12. The defence of the accused is that PW.1 was running a private

chit and that the prize amount for a chit of Rs.75,000/- was given in

two instalments. Towards security, a blank signed cheque and

signed promissory note were given. Admittedly, the promissory note

does not contain the signatures of any witnesses. The accused was

introduced to PW.1 by her mother DW.2. DW.2 was working as maid

servant-cum-cook in the house of PW.1. It is highly improbable that

PW.1 who did not show any proof of income would take loans from

PWs.3 and 4 to be given to the accused. No reason is given as to

why such huge amount of Rs.10 lakhs was given to the daughter of

her maid servant.

13. The version of PW.1 is that she believed that the house of the

accused would be sold and her loans would be repaid. It is not stated

by the appellant as to where the house of accused is situated and

whether it was their own house.

14. In the facts of the present case, the version given by DWs.1 and

2 appears to be more probable. Once the accused is successful in

proving her case by preponderance of probability, it discharges the

burden that has been shifted on her under Section 139 of the

Negotiable Instruments Act.

15. In Ravi Sharma v. State (Government of NCT of Delhi) and

another 4, the Hon'ble Supreme Court held that while dealing with an

appeal against acquittal, the appellate court has to consider whether

the trial Court's view can be termed as a possible one, particularly

when evidence on record has been analysed. The reason is that an

order of acquittal adds up to the presumption of innocence in favour

of the accused. Thus, the appellate court has to be relatively slow in

reversing the order of the trial court rendering acquittal.

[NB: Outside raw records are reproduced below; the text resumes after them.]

-- ===== src/Pricing/Examples.antt =====
-- engine/src/engine/options/pricing.py: a walk down the nickel grid, in half cents.
use ibkr_strategy_engine.Prelude.{
  ◌≤◌, ℤ, pos, ◌≤ℤ◌, ◌+ℤ◌, ◌-ℤ◌, ◌*ℤ◌, ◌≡◌, refl, arith, none, some, List, [], ◌∷◌, strip,
}
use ibkr_strategy_engine.Prelude.Result.{ok}
use ibkr_strategy_engine.Domain.Legs.{PriceEffect}
use ibkr_strategy_engine.Domain.Examples.{short_put, long_put}
use ibkr_strategy_engine.Pricing.{
  TickRegime, make_regime, standard_increments, Rounding, quantize, quantize_credit, OptionQuote,
  quote_for, credit_of, natural_credit, midpoint_credit,
}
use ibkr_strategy_engine.Pricing.Regimes.{IsOnGrid}
use ibkr_strategy_engine.Pricing.Grid.{quantize_floor}
use ibkr_strategy_engine.Pricing.Ladder.{
  PriceEnvelope, PriceLadder, ladder_fractions, check_rungs, requested_rungs, add_rungs, find_ends,
  find_band, send_rungs, climb, between, build_ladder,
}
use ibkr_strategy_engine.Pricing.Band.{IsLadder, build_ladder-IsLadder}
use ibkr_strategy_engine.Pricing.Total.{Returns, build_ladder_total}

standard_made : make_regime standard_increments ≡ ok standard_increments
unfolding make_regime strip
standard_made = refl

-- The penny interval schedule: the boundary is in the upper tier.
abbrev interval : TickRegime
interval = record { name = "penny-interval"; below = 2; at_or_above = 10; boundary = 600 }

interval_made : make_regime interval ≡ ok interval
unfolding make_regime strip
interval_made = refl

boundary_test : quantize interval Rounding.floor 609 ≡ ok 600
unfolding quantize
boundary_test = refl

quantize_floor_example : IsOnGrid interval 600 × (600 ≤ 609) × (598 ≤ 600)
unfolding quantize
quantize_floor_example =
    quantize_floor interval interval 609 600 598 interval_made refl (299, refl) (omega arith)

-- The short put at 1.20 to 1.40, the long put at 0.30 to 0.50: a midpoint of 0.90 and a natural of 0.70.
abbrev book : List OptionQuote
book =
    record { con_id = 101; bid = some (pos 240); ask = some (pos 280) }
    ∷ record { con_id = 102; bid = some (pos 60); ask = some (pos 100) }
    ∷ []

abbrev envelope : PriceEnvelope
envelope = record { minimum = pos 150; maximum = pos 210 }

abbrev ladder : PriceLadder
ladder = record {
  start = 180;
  target = 150;
  floor = 150;
  ceiling = 210;
  regime = standard_increments;
  requested = 180 ∷ 170 ∷ 160 ∷ 150 ∷ [];
  rungs = 180 ∷ 170 ∷ 160 ∷ 150 ∷ [];
}

ladder_built :
    build_ladder PriceEffect.credit
      (short_put ∷ long_put ∷ [])
      "XYZ"
      (some book)
      envelope
      (pos 10)
      (some standard_increments)
      ladder_fractions
    ≡ ok (some ladder)
unfolding build_ladder between find_band find_ends climb send_rungs check_rungs requested_rungs
    add_rungs quantize_credit quantize natural_credit midpoint_credit credit_of quote_for ◌+ℤ◌ ◌-ℤ◌
    ◌*ℤ◌
ladder_built = refl

-- A crossed book supports no walk.
crossed_test :
    between standard_increments envelope (pos 10) ladder_fractions (some (pos 170)) (some (pos 171))
    ≡ ok none
unfolding between
crossed_test = refl

build_ladder-IsLadder_example :
    (midpoint : ℤ) × (midpoint_credit (short_put ∷ long_put ∷ []) (some book) ≡ some midpoint)
    × IsLadder standard_increments envelope (pos 10) midpoint ladder
build_ladder-IsLadder_example =
    build_ladder-IsLadder PriceEffect.credit (short_put ∷ long_put ∷ []) "XYZ" (some book) envelope
      (pos 10) (some standard_increments) ladder_fractions ladder standard_increments standard_made
      ladder_built

book_midpoint :
    (m : ℤ) → midpoint_credit (short_put ∷ long_put ∷ []) (some book) ≡ some m → pos 0 ≤ℤ m
unfolding midpoint_credit credit_of quote_for ◌+ℤ◌ ◌-ℤ◌ ◌*ℤ◌
book_midpoint m h = ground arith

build_ladder_total_example : Returns (
    build_ladder PriceEffect.credit
      (short_put ∷ long_put ∷ [])
      "XYZ"
      (some book)
      envelope
      (pos 10)
      (some standard_increments)
      ladder_fractions)
build_ladder_total_example =
    build_ladder_total (short_put ∷ long_put ∷ []) "XYZ" (some book) envelope (pos 10)
      (some standard_increments) ladder_fractions standard_increments standard_made (omega arith)
      (omega arith) book_midpoint
      (
        (omega arith, omega arith),
        (
          (omega arith, omega arith),
          ((omega arith, omega arith), ((omega arith, omega arith), tt)),
        ),
      )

16. In Ghurey Lal v. State of Uttar Pradesh, 5 the Hon'ble

Supreme Court after referring to several Judgments regarding the

settled principles of law and the powers of appellate Court in

reversing the order of acquittal, held at para 70, as follows:

"70. In the light of the above, the High Court and other appellate Courts should follow the well-settled principles crystallized by number of Judgments if it is going to overrule or otherwise disturb the trial court's acquittal:

1. The appellate court may only overrule or otherwise disturb the trial court's acquittal if it has "very substantial and compelling reasons"

for doing so.

A number of instances arise in which the appellate court would have "very substantial and compelling reasons" to discard the trial court's decision. "Very substantial and compelling reasons" exist when:

i) The trial court's conclusion with regard to the facts is palpably wrong:

(2022) 8 Supreme Court Cases 536

(2008) 10 Supreme Court Cases 450

ii) The trial court's decision was based on an erroneous view of law;

iii) The trial court's judgment is likely to result in "grave miscarriage of justice";

iv) The entire approach of the trial court in dealing with the evidence was patently illegal;

v) The trial court's judgment was manifestly unjust and unreasonable;

vi) The trial court has ignored the evidence or misread the material evidence or has ignored material documents like dying declarations/report of the ballistic Ex.Pert, etc.

vii) This list is intended to be illustrative, not exhaustive.

2. The appellate court must always give proper weight and consideration o the findings of the trial court.

3. If two reasonable views can be reached__ one that leads to acquittal, the other to conviction __the High Courts/appellate courts must rule in favour of the accused."

17. There are no compelling reasons to reverse the well reasoned

Judgment of the trial Court.

18. Accordingly, Criminal Appeal is dismissed.